Design of topological flank modifications to optimize the operational behavior of stepped planetary gear stages in dynamic operating conditions under consideration of producibility

设计拓扑齿面修改，以在考虑生产率的情况下优化动态操作条件下阶梯式行星齿轮级的操作行为

• 批准号: 501245855
• 负责人: Professor Dr.-Ing.

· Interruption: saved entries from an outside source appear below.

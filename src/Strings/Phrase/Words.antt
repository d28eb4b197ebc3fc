-- ===== src/Strings/Phrase/Words.antt =====
-- Phrases of words with one space between.
use mathlib.Core.List.{append_assoc, append-nil}
use sourcemud.Base.{
  ℕ, zero, suc, ◌≤◌, ◌≡◌, ◌↔◌, ◌∙◌, refl, ap, true, false, inl, inr, List, [], ◌∷◌, ◌++◌, arith,
}
use sourcemud.Base.Lists.{length, All, length-append}
use sourcemud.Base.Tests.{Bool-cases}
use sourcemud.Base.Text.{Text}
use sourcemud.Strings.Chars.{is_space, to_lower, case_eq_n}
use sourcemud.Strings.Split.{implode, append_with}
use sourcemud.Strings.Phrase.{
  skip_spaces, chunks_from, chunks_of, words_from, begins, find_chunks, match_chunks, phrase_match,
}

-- Every chunk begins a word of its own, in the order of the words.
pub data Picks : List Text → List Text → Type 0 where
  picked : (words : List Text) → Picks [] words
  pick :
      {chunk word : Text} {chunks words : List Text}
      → begins chunk word ≡ true
      → Picks chunks words
      → Picks (chunk ∷ chunks) (word ∷ words)
  pass : {word : Text} {chunks words : List Text} → Picks chunks words → Picks chunks (word ∷ words)

Picks-tail :
    (chunk : Text) (chunks words : List Text) → Picks (chunk ∷ chunks) words → Picks chunks words
Picks-tail chunk chunks [] p = elim p [ ]
Picks-tail chunk chunks (word ∷ words) (pick b p) = pass p
Picks-tail chunk chunks (word ∷ words) (pass p) = pass (Picks-tail chunk chunks words p)

find_chunks-Picks :
    (chunks words : List Text) → find_chunks chunks words ≡ true → Picks chunks words
unfolding find_chunks
find_chunks-Picks [] words h = picked words
find_chunks-Picks (chunk ∷ chunks) [] h = cc
find_chunks-Picks (chunk ∷ chunks) (word ∷ words) h = elim (Bool-cases (begins chunk word)) [
  | inl here ↦ pick here (find_chunks-Picks chunks words (rw (here, find_chunks) at h))
  | inr later ↦ pass (find_chunks-Picks (chunk ∷ chunks) words (rw (later, find_chunks) at h))
]

Picks-find_chunks :
    (chunks words : List Text) → Picks chunks words → find_chunks chunks words ≡ true
unfolding find_chunks
Picks-find_chunks [] words p = refl
Picks-find_chunks (chunk ∷ chunks) [] p = elim p [ ]
Picks-find_chunks (chunk ∷ chunks) (word ∷ words) (pick b p) =
    rw (b, find_chunks) (Picks-find_chunks chunks words p)
Picks-find_chunks (chunk ∷ chunks) (word ∷ words) (pass p) = elim (Bool-cases (begins chunk word)) [
  | inl here ↦
      rw (here, find_chunks) (Picks-find_chunks chunks words (Picks-tail chunk chunks words p))
  | inr later ↦ rw (later, find_chunks) (Picks-find_chunks (chunk ∷ chunks) words p)
]

-- A word: no space, and at least one character.
abbrev pub IsWord : Text → Type 0
IsWord [] = ⊥
IsWord (c ∷ cs) = (is_space c ≡ false) × All (λ d. is_space d ≡ false) cs

words_run :
    (word cs rest : Text)
    → All (λ d. is_space d ≡ false) cs
    → words_from word [] (cs ++ rest) ≡ words_from (word ++ cs) [] rest
unfolding words_from
words_run word [] rest h = rw append-nil refl
words_run word (c ∷ cs) rest h =
    rw (h.0, words_from)
      (words_run (word ++ (c ∷ [])) cs rest h.1
        ∙ ap (λ w. words_from w [] rest) (append_assoc word (c ∷ []) cs))

words_rest :
    (word : Text) (ps : List Text)
    → All IsWord ps
    → words_from word [] (append_with b' ' ps) ≡ word ∷ ps
unfolding words_from append_with is_space
words_rest word [] h = rw append-nil refl
words_rest word ([] ∷ ps) h = absurd h.0
words_rest word ((c ∷ cs) ∷ ps) h =
    let ((solid, run), all) = h in
    rw (solid, words_from)
      (ap (λ l. word ∷ l)
        (words_run (c ∷ []) cs (append_with b' ' ps) run ∙ words_rest (c ∷ cs) ps all))

chunks_run :
    (left : ℕ) (word cs rest : Text)
    → All (λ d. is_space d ≡ false) cs
    → chunks_from left word [] (cs ++ rest) ≡ chunks_from left (word ++ cs) [] rest
unfolding chunks_from
chunks_run left word [] rest h = rw append-nil refl
chunks_run zero word (c ∷ cs) rest h =
    rw (h.0, chunks_from)
      (chunks_run zero (word ++ (c ∷ [])) cs rest h.1
        ∙ ap (λ w. chunks_from zero w [] rest) (append_assoc word (c ∷ []) cs))
chunks_run (suc left) word (c ∷ cs) rest h =
    rw (h.0, chunks_from)
      (chunks_run (suc left) (word ++ (c ∷ [])) cs rest h.1
        ∙ ap (λ w. chunks_from (suc left) w [] rest) (append_assoc word (c ∷ []) cs))

chunks_rest :
    (left : ℕ) (word : Text) (ps : List Text)
    → All IsWord ps
    → length ps ≤ left
    → chunks_from left word [] (append_with b' ' ps) ≡ word ∷ ps
unfolding chunks_from append_with is_space
chunks_rest left word [] h le = rw append-nil refl
chunks_rest left word ([] ∷ ps) h le = absurd h.0
chunks_rest zero word ((c ∷ cs) ∷ ps) h le = absurd (omega arith)
chunks_rest (suc left) word ((c ∷ cs) ∷ ps) h le =
    let ((solid, run), all) = h in
    rw (solid, chunks_from)
      (ap (λ l. word ∷ l)
        (chunks_run left (c ∷ []) cs (append_with b' ' ps) run
          ∙ chunks_rest left (c ∷ cs) ps all (omega arith)))

-- What the two texts come to.
words_of_name :
    (w : Text) (ws : List Text)
    → All IsWord (w ∷ ws)
    → words_from [] [] (implode (w ∷ ws) b' ') ≡ w ∷ ws
unfolding implode words_from
words_of_name [] ws h = absurd h.0
words_of_name (c ∷ cs) ws h =
    let ((solid, run), all) = h in
    rw (solid, words_from)
      (words_run (c ∷ []) cs (append_with b' ' ws) run ∙ words_rest (c ∷ cs) ws all)

chunks_of_phrase :
    (t : Text) (ts : List Text)
    → All IsWord (t ∷ ts)
    → length ts ≤ 4
    → chunks_of (skip_spaces (implode (t ∷ ts) b' ')) ≡ t ∷ ts
unfolding implode chunks_of skip_spaces
chunks_of_phrase [] ts h le = absurd h.0
chunks_of_phrase (c ∷ cs) ts h le =
    let ((solid, run), all) = h in
    rw (solid, skip_spaces)
      (chunks_run 4 (c ∷ []) cs (append_with b' ' ts) run ∙ chunks_rest 4 (c ∷ cs) ts all le)

phrase_match_name :
    (w : Text) (ws : List Text) (test : Text)
    → All IsWord (w ∷ ws)
    → phrase_match (implode (w ∷ ws) b' ') test
      ≡ match_chunks (implode (w ∷ ws) b' ') (chunks_of (skip_spaces test))
unfolding implode phrase_match
phrase_match_name [] ws test h = absurd h.0
phrase_match_name (c ∷ cs) ws test h = refl

-- Between texts of words with one space between, the second of at most five words, `phraseMatch` holds
-- exactly where each word of the second begins, in either case, a word of the first, in the same
-- order.
pub phrase_match_iff :
    (w t : Text) (ws ts : List Text)
    → All IsWord (w ∷ ws)
    → All IsWord (t ∷ ts)
    → length ts ≤ 4
    → (phrase_match (implode (w ∷ ws) b' ') (implode (t ∷ ts) b' ') ≡ true)
      ↔ Picks (t ∷ ts) (w ∷ ws)
unfolding match_chunks
phrase_match_iff w t ws ts hw ht le =
    rw
      (
        phrase_match_name w ws (implode (t ∷ ts) b' ') hw,
        chunks_of_phrase t ts ht le,
        match_chunks,
        words_of_name w ws hw,
      )
      (find_chunks-Picks (t ∷ ts) (w ∷ ws), Picks-find_chunks (t ∷ ts) (w ∷ ws))

solid_start :
    (t w : Text)
    → All (λ d. is_space d ≡ false) w
    → case_eq_n (suc (length t)) w (t ++ (b' ' ∷ [])) ≡ false
unfolding case_eq_n to_lower is_space
solid_start [] [] h = refl
solid_start [] (x ∷ w) h = ground (arith, h.0)
solid_start (y ∷ t) [] h = refl
solid_start (y ∷ t) (x ∷ w) h = ground (arith, solid_start t w h.1)

begins_solid : (t w : Text) → IsWord w → begins (t ++ (b' ' ∷ [])) w ≡ false
unfolding begins
begins_solid t [] h = absurd h
begins_solid t (c ∷ cs) h =
    let size : length (t ++ (b' ' ∷ [])) ≡ suc (length t) =
      omega (arith, length-append t (b' ' ∷ [])) in
    rw size (ground (arith, solid_start t (c ∷ cs) h))

find_chunks_solid :
    (t : Text) (ws : List Text) → All IsWord ws → find_chunks ((t ++ (b' ' ∷ [])) ∷ []) ws ≡ false
unfolding find_chunks
find_chunks_solid t [] h = refl
find_chunks_solid t (w ∷ ws) h = rw (begins_solid t w h.0, find_chunks) (find_chunks_solid t ws h.1)

trailing_chunk :
    (c : ℕ) (cs : Text)
    → is_space c ≡ false
    → All (λ d. is_space d ≡ false) cs
    → chunks_of (skip_spaces (c ∷ (cs ++ (b' ' ∷ [])))) ≡ (c ∷ (cs ++ (b' ' ∷ []))) ∷ []
unfolding chunks_of skip_spaces
trailing_chunk c cs solid run =
    rw (solid, skip_spaces)
      (chunks_run 4 (c ∷ []) cs (b' ' ∷ []) run ∙ unfold chunks_from is_space in refl)

-- One word with a space behind it is found in no name of words, since the space is part of its chunk.
pub phrase_match_trailing :
    (w t : Text) (ws : List Text)
    → All IsWord (w ∷ ws)
    → IsWord t
    → phrase_match (implode (w ∷ ws) b' ') (t ++ (b' ' ∷ [])) ≡ false
unfolding match_chunks
phrase_match_trailing w [] ws hw ht = absurd ht
phrase_match_trailing w (c ∷ cs) ws hw ht =
    let (solid, run) = ht in
    phrase_match_name w ws ((c ∷ cs) ++ (b' ' ∷ [])) hw
    ∙ ap (match_chunks (implode (w ∷ ws) b' ')) (trailing_chunk c cs solid run)
    ∙ ap (find_chunks ((c ∷ (cs ++ (b' ' ∷ []))) ∷ [])) (words_of_name w ws hw)
    ∙ find_chunks_solid (c ∷ cs) (w ∷ ws) hw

Christian Brecher
• 金额: --
• 依托单位: Werkzeugmaschinenlabor - WZL
• 依托单位国家: 德国
• 项目类别: Research Grants
• 资助国家: 德国
• 项目状态: 未结题
• 来源: https://gepris.dfg.de/gepris/projekt/501245855?language=en
• 关键词: Design; topological; flank; modifications; optimize

One challenge in the design of automotive gearboxes is the combination of high power density, high efficiency and low noise emission. With the electrification of the powertrain, the requirements in terms of noise emission and efficiency increase additionally, since on the one hand the masking noise of the internal combustion engine is eliminated and on the other hand the focus is on energy efficiency for electrically driven vehicles. To meet these requirements, complex gearbox topologies with planetary gear stages are increasingly being used. As the latest development stage of planetary gear stages, stepped planetary gear stages represent a potential alternative to solve the current challenges in gearbox technology. Current research shows the pronounced misalignment behavior of planetary gear stages, especially with manufacturing or assembly deviations. However, the effects of dynamic misalignment behavior on tooth contacts in stepped planetary gears have not been adequately researched. Methods for the optimization of the operational behavior under consideration of manufacturing or assembly deviations with focus on the contact conditions in the gear meshes and tooth flank modifications are missing. The objective of this project is therefore a method for the design of topological tooth flank modifications for the optimization of the dynamic operational behavior of stepped planetary gear stages, taking into account the producibility in the generating grinding process. The result of this project is a validated method for the design of tooth flank modifications to optimize the operational behavior of stepped planetary gear stages with manufacturing or assembly deviations. Due to its general contact description, the method allows the optimization of the operational behavior of a wide range of gear configurations (single/multi-stage cylindrical gears, planetary gear stages, combined gear systems). As an interface between dynamic multi-body simulation (MBS) and quasi-static tooth contact analysis (TCA), the method allows direct consideration of the highly detailed overall system in the design of tooth flank modifications. The operational behavior is evaluated in terms of noise excitation, the load-carrying capacity (tooth flank pressure and tooth root stress) as well as the efficiency and optimized algorithm-based, taking into account a weighting of the objective variables.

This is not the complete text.